5.7 JWKS discovery & caching (applies to every verifier)
- Fetch
{iss}/.well-known/{dwk}→ verify document’sissuer== URL prefix (host-poisoning defense) →jwks_uri→ fetch JWKS. - MUST cache; SHOULD respect HTTP cache headers; refresh on unknown
kid; MUST NOT fetch a given issuer’s JWKS more than once per minute; discard cache entries after max 24h; on same-kidverify failure, refresh once thenunknown_key/invalid_jwt. - Egress admission before any metadata/JWKS fetch: HTTPS only, size/timeout limits, no cross-host redirects, reject private/loopback/link-local addresses (unless configured), DNS-rebinding pinning.
5.8 Token revocation
Issuers MAY expose revocation_endpoint; accepts signed POST {"jti": "..."}; 200 if
revoked/already-invalid, 404 unknown. Only the token’s issuer or a trusted PS may revoke.
For the AP, “revocation” is primarily refusing to issue the next agent token — all
tokens are short-lived so every re-issuance is a policy evaluation point.
6. Missions & governance (PS territory — context for us)
A mission is a Markdown-described, user-approved authorization context identified by
{approver (PS URL), s256} where s256 = base64url(SHA-256(exact approved mission blob
bytes)). Carried by agents in the AAuth-Mission request header (SF Dictionary,
approver=...; s256=...) and echoed by mission-aware resources into resource tokens.
Resources/ASes MUST NOT dereference the blob. Missions have exactly two states: active,
terminated. The PS keeps the mission log. The AP is not involved in missions — but note
the covered-components rule: when AAuth-Mission is sent, aauth-mission is added to the
signature’s covered components.
7. Delegation
- Call chaining: a resource acts as an agent downstream, presenting its own agent
token and passing the upstream auth token as body param
upstream_token. Routing for the downstream token request:mission.approverif present, else upstreamiss. Upstream token’saudMUST equal the intermediary agent token’siss. - Sub-agents: agent token with
parent_agent; local partparent+disc. Single level deep: a PS MUST reject token requests signed by sub-agents; an AP MUST NOT issue a sub-agent token whose parent is itself a sub-agent (this is one of the two normative AP obligations for sub-agents). Parent-mediated authorization: the parent signs the PS token request and includessubagent_token; the issued auth token hascnf= sub-agent’s key andact.agent= parent.

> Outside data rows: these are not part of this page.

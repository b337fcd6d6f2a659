-- ===== src/Task/Inv/Same.antt =====
-- A task object that is changed only in what the discipline of the heap does not look at.
use mathlib.Core.Path.{fun_ext}
use asyncplusplus_1_1_annota.Base.{
  ℕ, ◌≡◌, false, Option, none, some, some_inj, [], refl, sym, ap, ◌∙◌, subst, Bool-cases, inl, inr,
  ==_iff, ◌==◌,
}
use asyncplusplus_1_1_annota.Task.Types.{is_finished, Task, World}
use asyncplusplus_1_1_annota.Task.Heap.{store}
use asyncplusplus_1_1_annota.Task.Inv.{Inv, IsSound, func_at, finished_at, conts_at}

module _ {V E : Type 0} {w : World V E} (inv : Inv w) (t : ℕ) (k k' : Task V E)
    (there : w.task t ≡ some k) (funcs : k'.func ≡ k.func) (conts : k'.conts ≡ k.conts)
    (states : k'.state ≡ k.state) (sound' : IsSound k') where
  open inv use {sound, bound, handed, kept, parent, goal, one_goal}

  -- What is read of a task by its address is what it was.
  same-at :
      {A : Type 0} (read : Option (Task V E) → A)
      → read (some k') ≡ read (some k)
      → (c : ℕ) → read ((store w t k').task c) ≡ read (w.task c)
  same-at read same c = elim (Bool-cases (c == t)) [
    | inl here ↦
        let e : c ≡ t = (==_iff c t).0 here in
        rw here (same ∙ ap read (sym there ∙ ap w.task (sym e)))
    | inr other ↦ rw other refl
  ]

  same-func : (c : ℕ) → func_at (store w t k') c ≡ func_at w c
  same-func = same-at (λ o. elim o [ none ↦ none | some q ↦ q.func ]) funcs

  same-finished : finished_at (store w t k') ≡ finished_at w
  same-finished = fun_ext (
      same-at (λ o. elim o [ none ↦ false | some q ↦ is_finished q.state ]) (ap is_finished states))

  same-conts : (c : ℕ) → conts_at (store w t k') c ≡ conts_at w c
  same-conts = same-at (λ o. elim o [ none ↦ [] | some q ↦ q.conts ]) conts

  pub same-Inv : Inv (store w t k')
  same-Inv = record {
    sound = λ c q e. elim (Bool-cases (c == t)) [
      | inl here ↦ subst IsSound (some_inj (rw here at e)) sound'
      | inr other ↦ sound c q (rw other at e)
    ];
    bound = λ c q e. elim (Bool-cases (c == t)) [
      | inl here ↦ rw ((==_iff c t).0 here) (bound t k there)
      | inr other ↦ bound c q (rw other at e)
    ];
    handed = λ c. rw (same-func c, same-finished) (handed c);
    kept = λ p c. rw (same-conts p, same-func c, same-finished) (kept p c);
    parent = λ c p f e h. elim (Bool-cases (p == t)) [
      | inl here ↦ rw here (λ z. cc)
      | inr other ↦ rw other (parent c p f (sym (same-func c) ∙ e) h)
    ];
    goal = λ c u f e h.
        let (q, at, un) = goal c u f (sym (same-func c) ∙ e) h in
        elim (Bool-cases (u == t)) [
          | inl here ↦
              let same : q ≡ k = some_inj (sym at ∙ ap w.task ((==_iff u t).0 here) ∙ there) in
              (k', rw here refl, states ∙ ap (λ x. x.state) (sym same) ∙ un)
          | inr other ↦ (q, rw other at, un)
        ];
    one_goal = λ c d u f g e e' h h'.
        one_goal c d u f g (sym (same-func c) ∙ e) (sym (same-func d) ∙ e') h h';
  }
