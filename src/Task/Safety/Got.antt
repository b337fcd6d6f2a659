-- ===== src/Task/Safety/Got.antt =====
-- A `get` of the user on a `task`, which may move the result out.
use asyncplusplus_1_1_annota.Base.{
  ℕ, ◌≡◌, true, Option, none, some, Option-cases, Bool-cases, inl, inr, some_inj, ap, subst, refl,
}
use asyncplusplus_1_1_annota.Task.Types.{is_finished, is_canceled, Value, left_behind, Task, World}
use asyncplusplus_1_1_annota.Task.Heap.{◌>>=◌, store, get_result, get_exception}
use asyncplusplus_1_1_annota.Task.Inv.{Inv}
use asyncplusplus_1_1_annota.Task.Inv.Same.{same-Inv}
use asyncplusplus_1_1_annota.Task.User.{
  Outcome, TaskPtr, move_out, with_rest, task_get, get_internal, wait_and_throw,
}

module _ {V E : Type 0} {w : World V E} (inv : Inv w) (t : ℕ) (k : Task V E)
    (there : w.task t ≡ some k) (p : TaskPtr) where
  moved-Inv : (v : Value V) → Inv (store w t (record k { result = some (left_behind true v) }))
  moved-Inv v =
      let ok = inv.sound t k there in
      same-Inv inv t k (record k { result = some (left_behind true v) }) there refl refl refl
        (record {
          has_result = λ _ e. cc;
          has_except = ok.has_except;
          func_pending = ok.func_pending;
          lock = ok.lock;
        })

  -- The heap in which the result has been moved out, where the task has one.
  move_out-Inv :
      (throws : Option E) {w' : World V E} {o : Outcome E (Value V)} {p' : TaskPtr}
      → (move_out w t throws >>= λ x. some (with_rest w p x)) ≡ some (o, p', w')
      → Inv w'
  unfolding get_result
  move_out-Inv throws e = elim (Option-cases k.result) [
    | inl no_result ↦ absurd (let undefined = rw (there, no_result) at e in cc)
    | inr (v, has) ↦
        let gone = some_inj (rw (there, has) at e) in
        subst Inv (ap (λ (z : Outcome E (Value V) × TaskPtr × World V E). z.2) gone) (moved-Inv v)
  ]

module _ {V E : Type 0} {w : World V E} (inv : Inv w) where
  abbrev heap_of : Outcome E (Value V) × TaskPtr × World V E → World V E
  heap_of z = z.2

  -- A call of `get` on any task object keeps the discipline of the tasks.
  pub task_get-Inv :
      (p : TaskPtr) (throws : Option E) {w' : World V E} {o : Outcome E (Value V)} {p' : TaskPtr}
      → task_get w p throws ≡ some (o, p', w')
      → Inv w'
  unfolding task_get get_internal wait_and_throw get_exception
  task_get-Inv none throws e = subst Inv (ap heap_of (some_inj e)) inv
  task_get-Inv (some t) throws e = elim (Option-cases (w.task t)) [
    | inl no_task ↦ absurd (let undefined = rw no_task at e in cc)
    | inr (k, there) ↦ elim (Bool-cases (is_finished k.state)) [
      | inr not_over ↦ subst Inv (ap heap_of (some_inj (rw (there, not_over) at e))) inv
      | inl over ↦ elim (Bool-cases (is_canceled k.state)) [
        | inr not_canceled ↦
            move_out-Inv inv t k there (some t) throws (rw (there, over, not_canceled) at e)
        | inl is_out ↦ elim (Option-cases k.except) [
          | inl no_except ↦ absurd (let undefined = rw (there, over, is_out, no_except) at e in cc)
          | inr (x, has) ↦
              subst Inv (ap heap_of (some_inj (rw (there, over, is_out, has) at e))) inv
        ]
      ]
    ]
  ]
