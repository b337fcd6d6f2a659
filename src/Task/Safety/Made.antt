-- ===== src/Task/Safety/Made.antt =====
-- A task that is made with a result or an exception: the discipline of the tasks holds with it.
use asyncplusplus_1_1_annota.Base.{
  ◌≡◌, ◌≢◌, true, Option, none, some, append-nil, arith, refl, subst, ==_refl,
}
use asyncplusplus_1_1_annota.Task.Types.{TaskState, completed, canceled, is_finished, Value, World}
use asyncplusplus_1_1_annota.Task.Heap.{fresh, alloc}
use asyncplusplus_1_1_annota.Task.Inv.{Inv}
use asyncplusplus_1_1_annota.Task.Inv.Same.{same-Inv}
use asyncplusplus_1_1_annota.Task.Steps.{World-ext}
use asyncplusplus_1_1_annota.Task.Safety.Event.{new_event-Inv, ended-Inv, ended_task}
use asyncplusplus_1_1_annota.Task.User.{make_task, make_exception_task}

module _ {V E : Type 0} {w : World V E} (inv : Inv w) where
  module _ (s : TaskState) (r : Option (Value V)) (x : Option E)
      (set : (s ≡ completed → r ≢ none) × (s ≡ canceled → x ≢ none))
      (over : is_finished s ≡ true) where
    -- As an event that is set, but for the lock of its continuations.
    made-Inv : Inv (alloc w (record (fresh none) { state = s; result = r; except = x }))
    made-Inv = subst Inv (World-ext (λ c. ground arith) refl (append-nil w.handles)) (
        same-Inv
          (ended-Inv (new_event-Inv inv) w.next (fresh none) (rw (==_refl w.next) refl) refl refl s
            r x set over)
          w.next (record (fresh none) { state = s; result = r; except = x; conts_locked = true })
          (record (fresh none) { state = s; result = r; except = x })
          (ended_task (new_event-Inv inv) w.next (fresh none) (rw (==_refl w.next) refl) refl refl s
            r x)
          refl refl refl
          (record {
            has_result = set.0;
            has_except = set.1;
            func_pending = λ e. absurd (e refl);
            lock = λ e. refl;
          }))

  pub make_task-Inv : (v : Value V) → Inv (make_task w v)
  unfolding make_task
  make_task-Inv v = made-Inv completed (some v) none (λ _ h. cc, λ h. cc) refl

  pub make_exception_task-Inv : (e : E) → Inv (make_exception_task w e)
  unfolding make_exception_task
  make_exception_task-Inv e = made-Inv canceled none (some e) (λ h. cc, λ _ h. cc) refl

8. What this means for an Agent Provider implementation
Normative AP surface (small — most of AAuth lives at PS/AS/Resource):
- Publish
/.well-known/aauth-agent.jsonwithissuer(== our URL) andjwks_uri(+ optionalname,description,logo_uri,callback_endpoint,event_endpoint,localhost_callback_allowed,login_endpoint,tos_uri,policy_uri,documentation_uri). - Publish a JWKS; keep keys rotatable (
kid), Ed25519. - Issue agent tokens meeting §3.1 (≤24h,
cnf.jwk, stablesub,jti, optionalps,parent_agentwith the single-level rule). - (Events extension) publish
event_endpointand act as the agent’s inbox — verifyaa-event+jwtdeliveries and route byeid. See06-events.md. - Enrollment/refresh ceremonies are non-normative (bootstrap draft) — we define ours
in
02-agent-provider.md.
Non-goals for an AP: consent UI, missions, scopes, auth tokens, resource policy — those belong to PS/AS/Resource. The AP never sees the agent’s traffic to other parties (they verify against our JWKS without calling us).